This site is dedicated to the memory of Dr. Alan William Smolowe who gave birth to the creation of this database.
Indian Hindu Monk, Religious Leader and Philosopher credited with raising interfaith awareness
"The Background, the Reality, of everyone is that same Eternal, Ever Blessed, Ever Pure, and Ever Perfect One. It is the Atman, the Soul, in the saint and the sinner, in the happy and the miserable, in the beautiful and the ugly, in men and in animals; it is the same throughout. It is the Shining One."
"The character of any man is but the aggregate of his tendencies, the sum total of the bent of his mind. We are what our thoughts have made us. Thoughts live; they travel far. And so take care of what you think. Every work that we do, every movement of the body, every thought that we think, bears an impression on the mind-stuff. What we are every moment is determined by the sum total of these impressions on the mind. Every man's character is determined by the sum total of these impressions. If good impressions prevail, the character becomes good, if bad, it becomes bad."
"The brain and muscles must develop simultaneously. Iron nerves with an intelligent brain — and the whole world is at your feet."
"The book one must read to learn natural sciences is the book of nature. The book from which to learn religion is your own mind and heart."

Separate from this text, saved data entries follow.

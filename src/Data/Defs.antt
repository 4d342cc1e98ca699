-- ===== src/Data/Defs.antt =====
-- data.c and data_internal.h: dispatch data objects. A leaf (num_records == 0) is its buffer; a
-- composite has a size, records into other objects and perhaps a flattened buffer that was cached.
-- Objects are immutable but for that cache, so they are values here; reference counts are the list
-- of objects that an operation retains. Sizes are 64-bit.
use book.Base.{
  ℕ, suc, ◌+◌, ◌-◌, ◌^◌, Bool, true, false, Option, none, some, List, [], ◌∷◌, ◌==◌, ◌||◌, ◌&&◌,
  ltb, leb, if◌then◌else◌, length, add64,
}

mutual
  -- struct dispatch_data_s
  pub data DispatchData : Type 0 where
    leaf : (buf : List ℕ) → DispatchData
    composite : (flat : Option (List ℕ)) (size : ℕ) (records : Records) → DispatchData

  -- range_record records[], each with `data_object`, `from` and `length`.
  pub data Records : Type 0 where
    nil : Records
    cons : (data_object : DispatchData) (from len : ℕ) (rest : Records) → Records

-- dispatch_data_empty
abbrev pub data_empty : DispatchData
data_empty = leaf []

-- dispatch_data_get_size
abbrev pub get_size : DispatchData → ℕ
get_size (leaf buf) = length buf
get_size (composite flat size records) = size

abbrev pub count : Records → ℕ
count nil = 0
count (cons o from len rest) = suc (count rest)

-- _dispatch_data_num_records: what it takes to hold the object, so 1 for a leaf.
abbrev pub num_records : DispatchData → ℕ
num_records (leaf buf) = 1
num_records (composite flat size records) = count records

abbrev pub append_records : Records → Records → Records
append_records nil qs = qs
append_records (cons o from len rest) qs = cons o from len (append_records rest qs)

abbrev pub objects : Records → List DispatchData
objects nil = []
objects (cons o from len rest) = o ∷ objects rest

-- A result, and the objects on which _dispatch_data_retain was called for it.
pub record Created : Type 0 where
  pub object : DispatchData
  pub retained : List DispatchData

-- The records that an object contributes to a concatenation.
unfoldable pub as_records : DispatchData → Records
as_records (leaf buf) = cons (leaf buf) 0 (length buf) nil
as_records (composite flat size records) = records

-- dispatch_data_create_concat; `none` is DISPATCH_OUT_OF_MEMORY.
unfoldable pub create_concat : DispatchData → DispatchData → Option Created
unfolding as_records
create_concat dd1 dd2 =
    let records = append_records (as_records dd1) (as_records dd2) in
    if get_size dd1 == 0
    then some (record { object = dd2; retained = dd2 ∷ [] })
    else if get_size dd2 == 0
    then some (record { object = dd1; retained = dd1 ∷ [] })
    else if ltb (num_records dd1 + num_records dd2) (2 ^ 64)
    then some (record {
      object = composite none (add64 (get_size dd1) (get_size dd2)) records;
      retained = objects records;
    })
    else none

-- The record containing an offset and those behind it, with the offset that is left.
unfoldable pub seek : Records → ℕ → Records × ℕ
seek nil offset = (nil, offset)
seek (cons o from len rest) offset =
    if leb len offset then seek rest (offset - len) else (cons o from len rest, offset)

-- The records behind the first one, up to the end of a range of which `last_length` is left; `none`
-- is the crash on a range that runs past the last record.
unfoldable pub cut_records : Records → ℕ → Option Records
cut_records nil last_length = none
cut_records (cons o from len rest) last_length =
    let more = cut_records rest (last_length - len) in
    if leb last_length len
    then some (cons o from last_length nil)
    else elim more [ none ↦ none | some records ↦ some (cons o from len records) ]

-- The end of dispatch_data_create_subrange: the range lies in more than one record.
unfoldable pub several : Records → ℕ → ℕ → Bool → Option Created
unfolding cut_records
several nil offset length to_the_end = none
several (cons o from len nil) offset length false = some (record {
  object = composite none length (cons o (from + offset) (length - (len - offset)) nil);
  retained = o ∷ [];
})
several (cons o from len rest) offset length true =
    let records = cons o (from + offset) (len - offset) rest in
    some (record { object = composite none length records; retained = objects records })
several (cons o from len rest) offset length false =
    elim (cut_records rest (length - (len - offset))) [
      | none ↦ none
      | some more ↦
          let records = cons o (from + offset) (len - offset) more in
          some (record { object = composite none length records; retained = objects records })
    ]

-- The range is cut off at the end of the object.
abbrev pub clip : ℕ → ℕ → ℕ → ℕ
clip size offset length = if ltb (size - offset) length then size - offset else length

-- At the record found: `inner` is the call on its object, made if it holds the whole range; `none`
-- is the crash on an offset past the last record.
unfoldable pub choose : Records → ℕ → ℕ → Bool → Option Created → Option Created
unfolding several
choose nil left len to_the_end inner = none
choose (cons o from l more) left len to_the_end inner =
    if leb (left + len) l then inner else several (cons o from l more) left len to_the_end

unfoldable mutual
  -- dispatch_data_create_subrange; `none` is its crash.
  unfolding seek choose

  pub create_subrange : DispatchData → ℕ → ℕ → Option Created
  create_subrange (leaf buf) offset len =
      let size = length buf in
      let n = clip size offset len in
      if leb size offset || len == 0
      then some (record { object = data_empty; retained = [] })
      else if leb len (size - offset) && len == size
      then some (record { object = leaf buf; retained = leaf buf ∷ [] })
      else some (record {
        object = composite none n (cons (leaf buf) offset n nil);
        retained = leaf buf ∷ [];
      })
  create_subrange (composite flat size records) offset len =
      let n = clip size offset len in
      let inner = subrange_within records offset n in
      let (rest, left) = seek records offset in
      if leb size offset || len == 0
      then some (record { object = data_empty; retained = [] })
      else if leb len (size - offset) && len == size
      then some (record {
        object = composite flat size records;
        retained = composite flat size records ∷ [];
      })
      else choose rest left n (offset + n == size) inner

  -- The subrange of the one record that contains the whole range.
  pub subrange_within : Records → ℕ → ℕ → Option Created
  subrange_within nil offset len = none
  subrange_within (cons o from l rest) offset len =
      let here = create_subrange o (from + offset) len in
      let there = subrange_within rest (offset - l) len in if leb l offset then there else here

"The basic aim of religion is to bring peace to man. It is not a wise thing for one to suffer in this life so that one can be happy in the next. One must be happy here and now. Any religion that can bring that about is the true religion for humanity."
"The basis of all system, social or political, rests upon the goodness of men. No nation is great or good because Parliament enacts this or that, but because its men are great and good. Men are more valuable than all the wealth of the world."
"The best guide in life is strength."
"The child rebels against law as soon as it is born. Its first utterance is a cry, a protest against the bondage in which it finds itself. This longing for freedom produces the idea of a Being who is absolutely free. The concept of God is a fundamental element in the human constitution. In the Vedanta, Sat-chit-ananda (Existence-Knowledge-Bliss) is the highest concept of God possible to the mind. It is the essence of knowledge and is by its nature the essence of bliss."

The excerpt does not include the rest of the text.